Monday, October 3, 2011

New US State Slogans: c/o D3P

I'd like to introduce my suggestions for some new state mottoes and slogans.  I think the old ones need a little sprucing up, and who would do a better job than D3P?  It was a rhetorical question, but feel free to shout "nobody" when you next leave the house.  I'm sure everyone will understand you are expressing an opinion about a blog you read, and not think you are a raving lunatic who is arguing with your imaginary pet narwhol.  If you have any suggestions of your own, feel free to leave them in the comments below.  If I find your suggestion to be better than the one I had, then you will soon find it in the body of the blog.  You can check back later to see if you made the cut, and then you can check that item off of your bucket list.  If you don't already have "Be a guest contributor to D3P" on your bucket list, then add it immediately, and begin scheming your way to accomplish such a worthy goal in life.  For now, just enjoy the new D3P state mottoes and slogans.  I know I enjoyed writing them.
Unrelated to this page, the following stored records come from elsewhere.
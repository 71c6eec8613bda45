-- ===== src/Ingestion/Consumer.antt =====
-- wms_task_consumer.go: `process`, `deadLetter` and the loop of `Start` over one partition. The
-- deliveries come one after another: in the code three readers, one for each topic, call `process`
-- at the same time, and two first deliveries of a task do not lock each other out.
pub mod Versions
pub mod Latest
pub mod Order
pub mod Redelivery
pub mod Offsets
use pda_backend.Common.{
  ◌≡◌, refl, ◌⊎◌, inl, inr, ℕ, ◌+◌, String, Option, none, some, List, [], ◌∷◌, ◌++◌, Bool, true,
  false, not, ◌&&◌, ◌||◌, ◌==◌, eqb, leb, ltb, if◌then◌else◌,
}
use pda_backend.Common.Rows.{first_where}
use pda_backend.Ingestion.Contract.{
  IntegrationEnvelope, TaskPayload, Scanned, validates, contract_version, is_unsupported,
  task_category, queue_status,
}
use pda_backend.Ingestion.Rows.{
  ProjectionRow, QueueRow, StaleDelivery, Failure, Message, DeadLetter, Tables, is_seen, has_task,
  row_of, upsert_projection, sync_operator_queue, insert_letter, malformed_envelope,
  invalid_envelope, event_id_not_uuid, unsupported_event_version, malformed_payload,
  missing_required_identity, unsupported_task_type, unsupported_task_status, invalid_occurred_at,
}

-- What the code calls of the packages encoding/json, time, fmt and uuid, and the limits of the
-- columns and keys of Postgres that no test of the code anticipates.
pub record Outside (F : Type 0) : Type 0 where
  pub read_envelope : String → Option IntegrationEnvelope
  pub read_payload : String → Option (TaskPayload F)
  pub is_json : String → Bool
  pub parse_time : String → Option ℕ
  pub scan : String → Option Scanned
  pub parse_uuid : String → Option ℕ
  pub sha_1 : String → ℕ → ℕ → ℕ
  pub fits : ProjectionRow F → Bool
  pub is_storable : DeadLetter → Bool
  pub is_referenced : String → Bool

pub record Dispatch (F : Type 0) : Type 0 where
  pub event : ℕ
  pub envelope : IntegrationEnvelope
  pub payload : TaskPayload F
  pub category : String
  pub status : String

pub data Verdict (F : Type 0) : Type 0 where
  rejected : (event : ℕ) (event_type : String) → Failure → Verdict F
  accepted : Dispatch F → Verdict F

pub Verdict-cases :
    {F : Type 0}
    → (v : Verdict F)
    → ((event : ℕ) × (event_type : String) × (failure : Failure) × (v
          ≡ rejected event event_type failure))
      ⊎ ((d : Dispatch F) × (v ≡ accepted d))
Verdict-cases (rejected event event_type failure) = inl (event, event_type, failure, refl)
Verdict-cases (accepted d) = inr (d, refl)

abbrev pub is_identified : {F : Type 0} → TaskPayload F → Bool
is_identified p = not (p.warehouse_task_id == "" || p.warehouse_id == "" || ltb p.task_version 1)

-- `err := tx.QueryRow(… task_version …)`, with 0 for no row.
abbrev pub version_or_0 : {F : Type 0} → Option (ProjectionRow F) → ℕ
version_or_0 none = 0
version_or_0 (some r) = r.task_version

abbrev pub projected_version : {F : Type 0} → String → Tables F → ℕ
projected_version id db = version_or_0 (first_where (has_task id) db.projection)

abbrev pub received_at : Option ℕ → ℕ → ℕ
received_at none now = now
received_at (some t) now = t

module _ {F : Type 0} (outside : Outside F) where
  unfoldable pub classify_payload : ℕ → IntegrationEnvelope → TaskPayload F → Verdict F
  classify_payload event e p =
      if not (is_identified p)
      then rejected event e.event_type missing_required_identity
      else elim (task_category p.task_type) [
        | none ↦ rejected event e.event_type unsupported_task_type
        | some category ↦ elim (queue_status p.status) [
          | none ↦ rejected event e.event_type unsupported_task_status
          | some status ↦ accepted (record {
            event = event;
            envelope = e;
            payload = p;
            category = category;
            status = status;
          })
        ]
      ]

  unfoldable pub classify_event : ℕ → IntegrationEnvelope → Verdict F
  classify_event event e =
      if is_unsupported (contract_version outside.scan e)
      then rejected event e.event_type unsupported_event_version
      else elim (outside.read_payload e.payload) [
        | none ↦ rejected event e.event_type malformed_payload
        | some p ↦ classify_payload event e p
      ]

  -- The tests of `process`, in their order; an unknown event has the nil identifier.
  unfoldable pub classify : Message → Verdict F
  classify m = elim (outside.read_envelope m.value) [
    | none ↦ rejected 0 "" malformed_envelope
    | some e ↦
        if not (validates outside.is_json outside.parse_time e)
        then rejected 0 e.event_type invalid_envelope
        else elim (outside.parse_uuid e.event_id) [
          | none ↦ rejected 0 e.event_type event_id_not_uuid
          | some event ↦ classify_event event e
        ]
  ]

  -- `deadLetter`: its statement fails where jsonb does not take the text.
  unfoldable pub dead_letter :
      String → ℕ → String → Failure → Message → ℕ → Tables F → Bool × Tables F
  dead_letter group event event_type failure m now db =
      let letter : DeadLetter = record {
        event_id = if eqb event 0 then outside.sha_1 m.topic m.partition m.offset else event;
        consumer_group = group;
        message = m;
        event_type = event_type;
        attempts = 1;
        last_error = failure;
        failed_at = now;
      } in
      if outside.is_storable letter
      then (true, record db { dead_letters = insert_letter letter db.dead_letters })
      else (false, db)

  abbrev pub noted : String → Dispatch F → Tables F → Tables F
  noted group d db = record db { inbox = db.inbox ++ ((d.event, group) ∷ []) }

  -- The two upserts, behind the test of the version.
  unfoldable pub project : Dispatch F → Option ℕ → ℕ → ℕ → Tables F → Option (Tables F)
  project d dispatched received now db =
      let row = row_of d.event d.payload d.envelope.payload dispatched received now in
      if not (outside.fits row)
      then none
      else elim (sync_operator_queue outside.is_referenced d.payload d.category d.status now
          db.queue) [
            | none ↦ none
            | some queue ↦
                some (record db { projection = upsert_projection row db.projection; queue = queue })
          ]

  abbrev pub committed : Option (Tables F) → Tables F → Bool × Tables F
  committed none before = (false, before)
  committed (some after) before = (true, after)

  -- The transaction of `process`. The first part of the result is whether the error is nil.
  unfoldable pub ingest : String → Dispatch F → Message → ℕ → Tables F → Bool × Tables F
  ingest group d m now db =
      let projected = projected_version d.payload.warehouse_task_id db in
      let received = received_at m.time now in
      if is_seen d.event group db
      then (true, db)
      else if leb d.payload.task_version projected
      then (
        true,
        record (noted group d db) {
          stale =
              db.stale
              ++ (record {
                event_id = d.event;
                warehouse_task_id = d.payload.warehouse_task_id;
                incoming_version = d.payload.task_version;
                projected_version = projected;
                event_type = d.envelope.event_type;
              }
                  ∷ []);
        },
      )
      else if d.envelope.occurred_at == ""
      then committed (project d none received now (noted group d db)) db
      else elim (outside.parse_time d.envelope.occurred_at) [
        | none ↦ dead_letter group d.event d.envelope.event_type invalid_occurred_at m now db
        | some t ↦ committed (project d (some t) received now (noted group d db)) db
      ]

  abbrev pub handle : String → Verdict F → Message → ℕ → Tables F → Bool × Tables F
  handle group (rejected event event_type failure) m now db =
      dead_letter group event event_type failure m now db
  handle group (accepted d) m now db = ingest group d m now db

  unfoldable pub process : String → Message → ℕ → Tables F → Bool × Tables F
  process group m now db = handle group (classify m) m now db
Alabama: We've really toned down our racism, but stay on the main roads (just in case).

Alaska: We can't see Russia from our houses, but we do have other things to see.
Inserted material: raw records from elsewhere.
-- ===== src/Authz/Examples/Administration.antt =====
-- The theorems on the write side, applied: a store that is a list of bindings; Anna gives up one of her
-- own, gives one to Ben, and narrows the role.
use go_core.Prelude.{
  ℤ, pos, ◌≡◌, refl, not, List, [], ◌∷◌, some, if◌then◌else◌, ◌==◌, int_eq, keep, arith, none,
  lookup, insert, Bool-cases, inl, inr, ==-eq,
}
use go_core.Authz.Errors.{
  Result, ok, fault, sentinel, binding_not_found, role_not_found, role_in_use,
}
use go_core.Authz.Types.{Subject, subject_eq, user, Role, qualifier_own, Binding}
use go_core.Authz.Hierarchy.{
  chain, check, ancestors, next_scope, level_above, find_level, tenant_of,
}
use go_core.Authz.Clause.{attrs_cover}
use go_core.Authz.Effective.{clauses, build, add_clauses, pin, attrs_for}
use go_core.Authz.Role.{resolve, validate_role}
use go_core.Authz.Engine.{
  load_effective, effective, feature_on, lookup_role, require, require_clauses, prepare,
}
use go_core.Authz.Delegation.{can_save_role, holds_all, keeps_access, keeps_after, check_protected}
use go_core.Authz.Admin.{Store, Admin, bind, unbind, replaces, save_role, engine_at}
use go_core.Authz.Admin.RoleFresh.{WritesRole, save_role-Fresh}
use go_core.Authz.Admin.Fresh.{Fresh, Writes, bind-Fresh, unbind-Fresh}
use go_core.Authz.Engine.Cached.{IsFresh}
use go_core.Authz.Cache.{new_cache, get, put}
use go_core.Authz.Examples.{dealer}
use go_core.Authz.Examples.Decisions.{
  anna, bound, bindings, stored_role, engine, empty, who, salesman,
}

abbrev ben : Subject
ben = record { kind = user; id = pos 8 }

abbrev find : ℤ → List Binding → Result Binding
find id [] = fault (sentinel binding_not_found "")
find id (b ∷ bs) = if b.id == id then ok b else find id bs

abbrev of_subject : Subject → List Binding → List Binding
of_subject s bs = keep (λ b. b.subject == s) bs

abbrev table : Store (List Binding)
table = record {
  reader = λ st. record { bindings_for = λ s. ok (of_subject s st); role = stored_role };
  binding = λ st id. find id st;
  bindings_for_role = λ st id. ok (keep (λ b. b.role.id == id) st);
  save_role = λ st _ role. (ok role, st);
  delete_role = λ st _ id. (ok tt, st);
  bind = λ st _ b. (ok b, b ∷ st);
  unbind = λ st _ id. (ok tt, keep (λ b. not (b.id == id)) st);
}

abbrev admin : Admin (List Binding)
admin = record {
  engine = engine;
  store = table;
  roles = "crm.customers:view";
  bindings = "crm.customers:view";
  protected = "crm.customers:view" ∷ [];
}

empty_now-IsFresh : IsFresh (engine_at admin bindings) empty
unfolding new_cache lookup
empty_now-IsFresh s entry h = absurd (ground arith)

dropped :
    (b : Binding)
    → find (pos 2) bindings ≡ ok b
    → Writes admin b.subject bindings (table.unbind bindings anna (pos 2))
dropped b found = record { same_roles = λ id. refl; others = λ s' other. ground arith }

unbind-Fresh_example :
    Fresh admin (unbind admin (1, 2) (3, 4) (5, 6) (some who) (pos 2) (bindings, empty))
unbind-Fresh_example =
    unbind-Fresh admin (1, 2) (3, 4) (5, 6) (some who) (pos 2) bindings empty
      (λ _ b found. dropped b found) empty_now-IsFresh

abbrev given : Binding
given = record (bound (pos 3) dealer) { subject = ben }

added : Writes admin ben bindings (table.bind bindings anna given)
added = record { same_roles = λ id. refl; others = λ s' other. ground arith }

bind-Fresh_example : Fresh admin (bind admin (1, 2) (3, 4) (some who) given (bindings, empty))
bind-Fresh_example =
    bind-Fresh admin (1, 2) (3, 4) (some who) given bindings empty (λ _. added) empty_now-IsFresh

-- A store of one role that can be changed; Anna narrows it, and her own access, which the checks have put
-- into the cache, rests on it.
abbrev one_role : Store Role
one_role = record {
  reader = λ st. record {
    bindings_for = λ _. ok bindings;
    role = λ id. if id == pos 4 then ok st else fault (sentinel role_not_found "");
  };
  binding = λ _ id. find id bindings;
  bindings_for_role = λ _ id. ok (keep (λ b. b.role.id == id) bindings);
  save_role = λ st _ role.
      if role.id == pos 4 then (ok role, role) else (fault (sentinel role_not_found ""), st);
  delete_role = λ st _ id. (fault (sentinel role_in_use ""), st);
  bind = λ st _ b. (ok b, st);
  unbind = λ st _ id. (ok tt, st);
}

abbrev role_admin : Admin Role
role_admin = record {
  engine = engine;
  store = one_role;
  roles = "crm.customers:view";
  bindings = "crm.customers:view";
  protected = "crm.customers:view" ∷ [];
}

abbrev narrowed : Role
narrowed = record {
  id = pos 4;
  key = "";
  name = "Junior";
  grants = record { permission = "crm.customers:view"; qualifier = qualifier_own } ∷ [];
  attrs = [];
  computed = none;
}

-- The change goes through.
narrows :
    (save_role role_admin (1, 2) (3, 4) (5, 6) (some who) narrowed (salesman, empty)).0
    ≡ ok narrowed
unfolding save_role replaces require require_clauses prepare can_save_role validate_role holds_all
    attrs_cover keeps_access keeps_after check_protected resolve lookup insert effective get put
    feature_on new_cache load_effective build lookup_role chain check ancestors next_scope
    level_above find_level add_clauses attrs_for clauses pin tenant_of
narrows = refl

role_written :
    (role : Role)
    → WritesRole role_admin (λ saved. saved.id) salesman (one_role.save_role salesman anna role)
role_written role = elim (Bool-cases (role.id == pos 4)) [
  | inr other ↦ rw other refl
  | inl same ↦ rw same (record {
    stored_role = rw (==-eq role.id (pos 4) same) refl;
    same_bindings = λ s. refl;
    other_roles = λ i other. ground (arith, ==-eq role.id (pos 4) same);
  })
]

salesman-IsFresh : IsFresh (engine_at role_admin salesman) empty
unfolding new_cache lookup
salesman-IsFresh s entry h = absurd (ground arith)

save_role-Fresh_example :
    Fresh role_admin
      (save_role role_admin (1, 2) (3, 4) (5, 6) (some who) narrowed (salesman, empty))
save_role-Fresh_example =
    save_role-Fresh role_admin (1, 2) (3, 4) (5, 6) (some who) narrowed salesman empty
      (λ _ role. role_written role) salesman-IsFresh
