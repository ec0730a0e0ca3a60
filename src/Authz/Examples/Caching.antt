-- ===== src/Authz/Examples/Caching.antt =====
-- The theorems on the cache of effective access, applied.
use go_core.Prelude.{
  ℕ, pos, ◌≡◌, refl, ◌≤◌, [], ◌∷◌, some, Memᴰ, arith, int_eq, lookup, insert, delete,
}
use go_core.Authz.Types.{Subject, subject_eq, user}
use go_core.Authz.Effective.{Effective, no_access}
use go_core.Authz.Cache.{new_cache, get, put, evict}
use go_core.Authz.Cache.Freshness.{World, Step, Reachable, of_subject, get-newest, newest}

abbrev ben : Subject
ben = record { kind = user; id = pos 8 }

abbrev eve : Subject
eve = record { kind = user; id = pos 9 }

abbrev dated : Effective → ℕ
dated eff = 0

-- Ben's access is loaded and stored, then Eve's is evicted.
abbrev start : World
start = record { cache = new_cache (pos 60); log = []; loads = [] }

abbrev loading : World
loading = record start { loads = (ben, 0) ∷ [] }

abbrev loaded : World
loaded = record loading { cache = put ben (no_access ben) 0 7 start.cache }

abbrev after : World
after = record loaded { cache = evict eve loaded.cache; log = of_subject eve ∷ [] }

after-Reachable : Reachable dated after
unfolding new_cache
after-Reachable =
    Reachable.next
      (Reachable.next (Reachable.next (Reachable.fresh (pos 60)) (Step.started start ben))
        (Step.stored loading ben 0 (no_access ben) 7 (Memᴰ.head refl) (omega arith)))
      (Step.dropped loaded (of_subject eve))

after_hit : (get ben 20 after.cache).0 ≡ some (no_access ben)
unfolding get evict put new_cache lookup insert delete
after_hit = refl

get-newest_example : newest ben (no_access ben) after.log ≤ dated (no_access ben)
get-newest_example = get-newest dated ben 20 after-Reachable (omega arith) after_hit
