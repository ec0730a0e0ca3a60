-- ===== src/Authz/Examples/Catalogues.antt =====
-- The theorem on Define, applied to the first permission of a catalogue.
use go_core.Prelude.{
  ◌↔◌, String, Memᴰ, string_eq, ◌≡◌, refl, true, false, List, [], ◌∷◌, lookup, insert, arith,
}
use go_core.Authz.Errors.{ok, fault, validation, requirement_cycle}
use go_core.Authz.Catalogue.Requirements.{validate}
use go_core.Authz.Catalogue.Requirements.Acyclic.{Grounded}
use go_core.Authz.Catalogue.Requirements.Exact.{all_declared, validate-Grounded}
use go_core.Authz.Words.{matches_word}
use go_core.Authz.Catalogue.{
  Catalogue, new_catalogue, DefineOption, ownable_as, sensitive, define, check_identifier,
  bare_permission,
}
use go_core.Authz.Catalogue.Valid.{IsValid}

new_catalogue-IsValid : IsValid new_catalogue
unfolding lookup
new_catalogue-IsValid = record {
  defined = λ id p found. absurd (ground arith);
  ordered = λ id. refl;
}

abbrev options : List DefineOption
options = ownable_as "customer" ∷ sensitive ∷ []

abbrev one : Catalogue
one = record {
  perms =
      (
        "crm.customers:view",
        record (bare_permission "crm.customers:view") {
          record_type = "customer";
          sensitive = true;
        },
      )
      ∷ [];
  order = "crm.customers:view" ∷ [];
  frozen = false;
}

defined_one : define new_catalogue "crm.customers:view" options ≡ ok one
unfolding define check_identifier lookup insert matches_word
defined_one = refl

-- The second permission requires the first.
abbrev pub edits : Catalogue
edits = record one {
  perms =
      (
        "crm.customers:edit",
        record (bare_permission "crm.customers:edit") { requires = "crm.customers:view" ∷ [] },
      )
      ∷ one.perms;
  order = "crm.customers:view" ∷ "crm.customers:edit" ∷ [];
}

validate-Grounded_example : (validate edits ≡ ok tt) ↔ (
    (all_declared edits.perms edits.order ≡ true)
    × ((id : String) → Memᴰ id edits.order → Grounded edits.perms id))
validate-Grounded_example = validate-Grounded edits

accepted : validate edits ≡ ok tt
unfolding validate lookup insert
accepted = refl

-- And here the first requires the second, too.
abbrev circle : Catalogue
circle = record edits {
  perms =
      (
        "crm.customers:edit",
        record (bare_permission "crm.customers:edit") { requires = "crm.customers:view" ∷ [] },
      )
      ∷ (
        "crm.customers:view",
        record (bare_permission "crm.customers:view") { requires = "crm.customers:edit" ∷ [] },
      )
      ∷ [];
}

refused :
    validate circle
    ≡ fault (
        validation (
          record {
            code = requirement_cycle;
            permission = "crm.customers:edit";
            detail = "crm.customers:view";
          }
          ∷ []))
unfolding validate lookup insert
refused = refl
Arizona: We really like turquoise!

Arkansas: Bill Clinton was our most famous resident, and our official state beverage is milk. We are the land of bad choices.

California: Making Colorado seem moderate since 1850.

Colorado: California isn't the only state with a hippie infestation.

Connecticut: The only “real” state to never ratify Prohibition (Rhode Island doesn't count).

Delaware: We're still working on an identity.

Florida: Your grandparents live here, so why don't you visit more often?
            "God's waiting room."- Erin Wright Bagley

Georgia: We have Atlanta surrounded.

Hawaii: Want to go where everything is more expensive? Take a really long flight, and find out for yourself.

Idaho: Creating punchlines for sophomoric jokes since 1890.

Illinois: The “S” is silent. Unfortunately, our people aren't.

Indiana: Hoosier favorite state for unnecessary puns?

Iowa: We would merge with Ohio if we knew how.

Kansas: Are you a fan of seeing prisons every 5 miles? Well, you're in the right place!

Kentucky: Bluegrass is kind of like jazz, except it's played by people with less skill and rhythm.

Louisiana: Currently under construction.

Maine: We're not quite Canadian.

Maryland: Do you like crab cakes and rampant street crime? Come to Maryland!

Massachusetts: We haven't burned witches in ages (only flags).

Michigan: Unemployed and proud!

Minnesota: The land of 10,000 lakes and one BIG ASS mall!

Mississippi: More S's per capita than any other state in the nation.

Missouri: It's only pronounced “Misery” if you have to live here, so just visit for a few days.

Montana: Helena is not Joe's wife. It's a real city, with people and buildings too!

Nebraska: We're obsessed with corn, because that's really all we have.

Nevada: We're not just hookers and gambling, we have other stuff too.

New Hampshire: It's just like Old Hampshire, but you know... newer.

New Jersey: Don't believe everything you hear, the whole state doesn't smell like raw sewage.

New Mexico: Take a right turn in Albuquerque.

New York: We keep the Jews in “The City”, and the hicks in the country. It works for us.

North Carolina: Do you know what a Tarheel is? Neither do we.

North Dakota: South Dakota can suck it, we're the “real” Dakota!

Ohio: Baseball is America's past time, but it's the only way to pass the time in Ohio.

Oklahoma: The best thing we can say about ourselves is, “We're OK.”

Oregon: Washington's Mexico.

Pennsylvania: We apologize for anything you experience in Philadelphia, we're working on that.

Rhode Island: Our state is 37 miles wide... in a row!

South Carolina: The 1st to secede, and still not ready to concede.

South Dakota: What did North Dakota say? Fuck those guys!

Tennessee: The Volunteer State. As in, nobody volunteers to live here.

Texas: Where everything is bigger, except hearts and brains.

Utah: No, you can't do that here.  Try Nevada.

Vermont: We have black people now!

Virginia: Mason Dixon is a state line and a state of mind.

Washington: We're Oregon's Canada!

West Virginia: Just like regular Virginia, but with less teeth.

Wisconsin: Our main interests are beer, cheese and sausage. We'd recommend lighting a match.

Wyoming: Most of our population is far less evil than Dick Cheney. We promise!